So so ich hab also MIST drauf geantwortet!!!
Wenn hier einer Mist redet, dann bist wohl Du das!!!
Ich habe nämlich zufällig den Alienware Monitor und ich sage Dir, der schält nur im 3D-Betrieb auf 120Hz (was eigentlich auch Sinn macht!!!)
Soll ich Dir nen Screenshot schicken, damit Du dem ANGEBLICHEN NICHTWISSER glaubst??? 

Leute glaubt nicht alles, was diese NICHT-ALIENWARE-Monitor-BESITZER hier verzapfen.....mir machste eh nichts vor, ich beschäftige mich nämlich schon länger mit dem Thema 3D !!!
Grüßle von der NVIDIA-Shutterbrille 

p.s. warum soll man in so einem Thema nicht weiter posten, wenn es doch gerade aktueller ist als sonst was??? Ihr seid ja echte SNOBS!!! Da will man nur informatives zu 3D beitragen, und wird dafür blöd von der Seite angemacht!!!    So bitte nicht....


----------



## Gast1111 (13. Februar 2011)

3D-Man schrieb:


> So so ich hab also MIST drauf geantwortet!!!
> Wenn hier einer Mist redet, dann bist wohl Du das!!!
> Ich habe nämlich zufällig den Alienware Monitor und ich sage Dir, der *schaltet* nur im 3D-Betrieb auf 120Hz (was eigentlich auch Sinn macht!!!)
> Soll ich Dir nen Screenshot schicken, damit Du dem ANGEBLICHEN NICHTWISSER glaubst???
> ...


Also sehe ich dass richtig dass du behauptest im 2D Modus arbeitet dein Monitor mit 60Hz?
Sry, aber das ist Schwachsinn, denn der Monitor arbeitet permanent mit der vorgebenen Hertz Zahl. Wenn du jetzt den 3D Effekt meinst, dass hängt mit dem 3D Vision Treiber zusammen der schaltet den 3D Effekt natürlich nur ein wenn ein Game gestartet wurde. Aufm Desktop würde 3D ja ziemlich Sinnfrei sein.

Btw. Der beste 3D Monitor ist sowieso der BenQ XL2410T, der Alienware ist total überteuert für die Funktionen und Leistungen die er bringt.

mfg


----------



## 3D-Man (13. Februar 2011)

Wa1lock schrieb:


> Also sehe ich dass richtig dass du behauptest im 2D Modus arbeitet dein Monitor mit 60Hz?
> Sry, aber das ist Schwachsinn, denn der Monitor arbeitet permanent mit der vorgebenen Hertz Zahl. Wenn du jetzt den 3D Effekt meinst, dass hängt mit dem 3D Vision Treiber zusammen der schaltet den 3D Effekt natürlich nur ein wenn ein Game gestartet wurde.

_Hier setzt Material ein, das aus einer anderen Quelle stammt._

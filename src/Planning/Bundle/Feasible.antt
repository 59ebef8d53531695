-- ===== src/Planning/Bundle/Feasible.antt =====
-- A route that `feasible_route` accepts leaves time for the service and energy for the reserve.
use sentinel_public.Prelude.{
  ℕ, ◌+◌, ◌-◌, ◌≤◌, ◌≡◌, ap, subst, Bool, true, false, not, ◌||◌, Option, none, some, ltb,
  if◌then◌else◌, Bool-cases, inl, inr, arith,
}
use sentinel_public.Prelude.Int.{ℤ, pos, ◌+ℤ◌, ◌-ℤ◌, ◌*ℤ◌, ◌≤ℤ◌, ltb_ℤ, int_laws}
use sentinel_public.Protocol.Messages.{VehicleState, TaskState}
use sentinel_public.Planning.Geometry.{coordinate, has_capability}
use sentinel_public.Planning.Energy.{reserve_energy}
use sentinel_public.Planning.Bundle.Budget.{only_if-eq-some}
use sentinel_public.Planning.Claims.{
  Router, Route, is_pending, task_refused, remaining_service, route_fits, only_if, feasible_route,
}

-- What the vehicle can do with the route at the tick.
pub record CanServe (v : VehicleState) (t : TaskState) (tick : ℕ) (route : Route) : Type 0 where
  pub is_active : v.active ≡ true
  pub is_pending_task : is_pending t.status ≡ true
  pub is_capable : has_capability v t.required_capability ≡ true
  pub carries : t.payload_required_grams ≤ℤ v.payload_grams
  pub deadline : tick + route.travel_ticks + remaining_service t ≤ t.deadline_tick
  pub energy :
      route.energy_mj
        +ℤ pos (remaining_service t) *ℤ t.service_energy_mj_per_tick
        +ℤ reserve_energy v
      ≤ℤ v.energy_mj

passed :
    (a b c : Bool)
    → (if a then false else if b then false else not c) ≡ true
    → (a ≡ false) × (c ≡ false)
passed a b c h = ground arith

in_time :
    (tick travel service deadline : ℕ)
    → tick ≤ deadline
    → ltb (deadline - tick) travel || ltb (deadline - tick - travel) service ≡ false
    → tick + travel + service ≤ deadline
in_time tick travel service deadline d h = ground arith

kept :
    (energy reserve travel service : ℤ)
    → ltb_ℤ service (pos 0) || ltb_ℤ (energy -ℤ reserve -ℤ travel) service ≡ false
    → travel +ℤ service +ℤ reserve ≤ℤ energy
kept energy reserve travel service h = omega (int_laws, below)
  where
    below : service ≤ℤ energy -ℤ reserve -ℤ travel
    below = ground arith

module _ (v : VehicleState) (t : TaskState) (tick : ℕ) (route : Route) where
  accepted :
      not v.active || task_refused v t v.payload_grams tick ≡ false
      → route_fits v t tick route ≡ true
      → CanServe v t tick route
  unfolding task_refused route_fits
  accepted h k =
      let (time, energy) = passed _ _ _ k in
      record {
        is_active = ground arith;
        is_pending_task = ground arith;
        is_capable = ground arith;
        carries = ground arith;
        deadline =
            in_time tick route.travel_ticks (remaining_service t) t.deadline_tick (ground arith)
              time;
        energy = kept v.energy_mj (reserve_energy v) route.energy_mj _ energy;
      }

-- A feasible route is one that the search found from the vehicle to the task's target; the vehicle is
-- active and has the capability and the payload for the task, which is pending, the travel and the
-- remaining service end by the deadline, and with the energy of both the reserve is kept.
pub feasible_route-CanServe :
    (route_from : Router) (v : VehicleState) (t : TaskState) (tick : ℕ) (route : Route)
    → feasible_route route_from v t tick ≡ some route
    → CanServe v t tick route
      × (route_from v
            (coordinate v.position.x_mm v.position.y_mm)
            (coordinate t.target.x_mm t.target.y_mm)
          ≡ some route)
unfolding feasible_route
feasible_route-CanServe route_from v t tick route h =
    elim (Bool-cases (not v.active || task_refused v t v.payload_grams tick)) [
      | inl refused ↦ cc (rw refused at h)
      | inr open_task ↦ found (route_from v _ _) open_task (rw open_task at h)
    ]
  where
    found :
        (o : Option Route)
        → not v.active || task_refused v t v.payload_grams tick ≡ false
        → only_if (route_fits v t tick) o ≡ some route
        → CanServe v t tick route × (o ≡ some route)
    found none q k = cc
    found (some r) q k =
        let (fits, same) = only_if-eq-some (route_fits v t tick) r route k in
        (
          accepted v t tick route q (subst (λ x. route_fits v t tick x ≡ true) same fits),
          ap some same,
        )
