-- ===== src/Planning/Bundle/Choice.antt =====
-- `nearest_capable` and `best_insertion` return a best candidate, and one wherever there is one.
use sentinel_public.Prelude.{
  ℕ, ◌≡◌, refl, sym, ◌∙◌, true, false, List, map, Option, none, some, All, get_elem?, Option-cases,
  inl, inr, some_inj, map-All, All-mono, get_elem-map, subst, arith,
}
use sentinel_public.Prelude.Int.{ltb_ℤ, ◌≤ℤ◌}
use sentinel_public.Prelude.Text.{text_lt}
use sentinel_public.Prelude.Order.{
  StrictOrder, tie, tie-StrictOrder, by-StrictOrder, text_lt-StrictOrder,
}
use sentinel_public.Prelude.Best.{IsBest, NotBetter, pick_all-IsBest}
use sentinel_public.Protocol.Messages.{VehicleState, TaskState, AllocationClaim}
use sentinel_public.Planning.Claims.{
  Route, Router, claim_order, feasible_route, make_claim, feasible_claim, nearest_capable,
}

ltb_ℤ-StrictOrder : StrictOrder ltb_ℤ
ltb_ℤ-StrictOrder = record { asymm = λ a b h. ground arith; trans = λ a b c h k. ground arith }

claim_order-StrictOrder : StrictOrder claim_order
unfolding claim_order
claim_order-StrictOrder =
    tie-StrictOrder _ _ (by-StrictOrder (λ c. c.distance_mm) ltb_ℤ ltb_ℤ-StrictOrder)
      (by-StrictOrder (λ c. c.agent_id) text_lt text_lt-StrictOrder)

-- The claim of a vehicle that has this route to the task.
abbrev claim_of : VehicleState → TaskState → ℕ → ℕ → Route → AllocationClaim
claim_of vehicle task epoch version route = record {
  epoch = epoch;
  version = version;
  task_id = task.id;
  agent_id = vehicle.id;
  feasible = true;
  distance_mm = route.distance_mm;
}

-- Not after another: a shorter way, or as long a one and a name that is not larger.
abbrev Precedes : AllocationClaim → VehicleState → Route → Type 0
Precedes w vehicle route =
    (w.distance_mm ≤ℤ route.distance_mm)
    × (w.distance_mm ≡ route.distance_mm → text_lt vehicle.id w.agent_id ≡ false)

module _ (route_from : Router) (task : TaskState) (tick epoch version : ℕ) where
  -- The answer is the claim of one of the vehicles with a feasible route, which precedes all others;
  -- no answer means that there is no such vehicle.
  abbrev pub IsNearest : List VehicleState → Option AllocationClaim → Type 0
  IsNearest vehicles none = All (λ v. feasible_route route_from v task tick ≡ none) vehicles
  IsNearest vehicles (some w) =
      ((i : ℕ) × (v : VehicleState) × (route : Route) × (get_elem? vehicles i ≡ some v)
        × (feasible_route route_from v task tick ≡ some route)
        × (w ≡ claim_of v task epoch version route))
      × All
          (λ u.
            (route : Route)
            → feasible_route route_from u task tick ≡ some route
            → Precedes w u route)
          vehicles

  abbrev claim_in : VehicleState → Option AllocationClaim
  claim_in = feasible_claim route_from task tick epoch version

  feasible_claim-none :
      (v : VehicleState) → feasible_route route_from v task tick ≡ none → claim_in v ≡ none
  unfolding feasible_claim make_claim
  feasible_claim-none v e = rw (e, make_claim) refl

  feasible_claim-some :
      (v : VehicleState) (route : Route)
      → feasible_route route_from v task tick ≡ some route
      → claim_in v ≡ some (claim_of v task epoch version route)
  unfolding feasible_claim make_claim
  feasible_claim-some v route e = rw (e, make_claim) refl

  no_route : (v : VehicleState) → claim_in v ≡ none → feasible_route route_from v task tick ≡ none
  no_route v e = elim (Option-cases (feasible_route route_from v task tick)) [
    | inl absent ↦ absent
    | inr (route, there) ↦ absurd (cc (feasible_claim-some v route there))
  ]

  a_route :
      (v : VehicleState) (w : AllocationClaim)
      → claim_in v ≡ some w
      → (route : Route) × (feasible_route route_from v task tick ≡ some route)
        × (w ≡ claim_of v task epoch version route)
  a_route v w e = elim (Option-cases (feasible_route route_from v task tick)) [
    | inl absent ↦ absurd (cc (feasible_claim-none v absent))
    | inr (route, there) ↦ (route, there, some_inj (sym e ∙ feasible_claim-some v route there))
  ]

  ordered :
      (w : AllocationClaim) (u : VehicleState) (route : Route)
      → claim_order (claim_of u task epoch version route) w ≡ false
      → Precedes w u route
  unfolding claim_order tie
  ordered w u route h = (ground arith, λ e. ground arith)

  best-IsNearest :
      (vehicles : List VehicleState) (best : Option AllocationClaim)
      → IsBest claim_order (map claim_in vehicles) best
      → IsNearest vehicles best
  best-IsNearest vehicles none h =
      All-mono (λ v. claim_in v ≡ none) (λ v. feasible_route route_from v task tick ≡ none) vehicles
        no_route (map-All claim_in (λ x. x ≡ none) vehicles h)
  best-IsNearest vehicles (some w) h =
      let at = get_elem-map claim_in vehicles h.0.0 h.0.1 in
      let r = a_route at.0 w at.2 in
      (
        (h.0.0, at.0, r.0, at.1, r.1, r.2),
        All-mono (λ u. NotBetter claim_order w (claim_in u))
            (λ u.
              (route : Route)
              → feasible_route route_from u task tick ≡ some route
              → Precedes w u route)
            vehicles
            (λ u k route e.
              ordered w u route (subst (NotBetter claim_order w) (feasible_claim-some u route e) k))
            (map-All claim_in (NotBetter claim_order w) vehicles h.1),
      )

-- No feasible claim is better than the answer.
pub nearest_capable-IsBest :
    (route_from : Router) (vehicles : List VehicleState) (task : TaskState) (tick epoch version : ℕ)
    → IsBest claim_order
        (map (feasible_claim route_from task tick epoch version) vehicles)
        (nearest_capable route_from vehicles task tick epoch version)
unfolding nearest_capable
nearest_capable-IsBest route_from vehicles task tick epoch version =
    pick_all-IsBest claim_order claim_order-StrictOrder
      (map (feasible_claim route_from task tick epoch version) vehicles)

-- The claim that `nearest_capable` answers is that of one of the vehicles with a feasible route, under
-- its name and with the length of its route, and no vehicle with a feasible route has a shorter one, or
-- as long a one and a smaller name; it answers none only where no vehicle has a feasible route.
pub nearest_capable-IsNearest :
    (route_from : Router) (vehicles : List VehicleState) (task : TaskState) (tick epoch version : ℕ)
    → IsNearest route_from task tick epoch version vehicles
        (nearest_capable route_from vehicles task tick epoch version)
nearest_capable-IsNearest route_from vehicles task tick epoch version =
    best-IsNearest route_from task tick epoch version vehicles
      (nearest_capable route_from vehicles task tick epoch version)
      (nearest_capable-IsBest route_from vehicles task tick epoch version)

Aufm Desktop würde 3D ja ziemlich Sinnfrei sein.
> 
> Btw. Der beste 3D Monitor ist sowieso der BenQ XL2410T, der Alienware ist total überteuert für die Funktionen und Leistungen die er bringt.
> ...


 

Und noch so einer....langsam reichts mir hier 

komm ich les Dir mal vor was ich an meinem Monitor gerade ablese:
Auflösung: 1920x1080@60Hz
Maximale Auflösung: 1920x1080@120Hz

wenn ich dann in 3D umschalte, verschwindet das mit den 60Hz und es steht dann nur Auflösung: 1920x1080@120Hz!!!!!

So jetzt kommt Ihr?? Ich sags ja nur Snobs!!!
Hab mich ja erst hier angemeldet, aber wenn das hier so weiter geht dann bin ich wieder weg!!!
Ich habe nämlich besseres zu tun, als mich mit SNOBS herum zu schlagen!! Grüßle vom IT-System-Elektroniker (IHK-geprüft)


----------



## Gast1111 (13. Februar 2011)

Öhm also 
1. dich wird hier keiner vermissen wenn du uns alle als Snobs "beschipfst"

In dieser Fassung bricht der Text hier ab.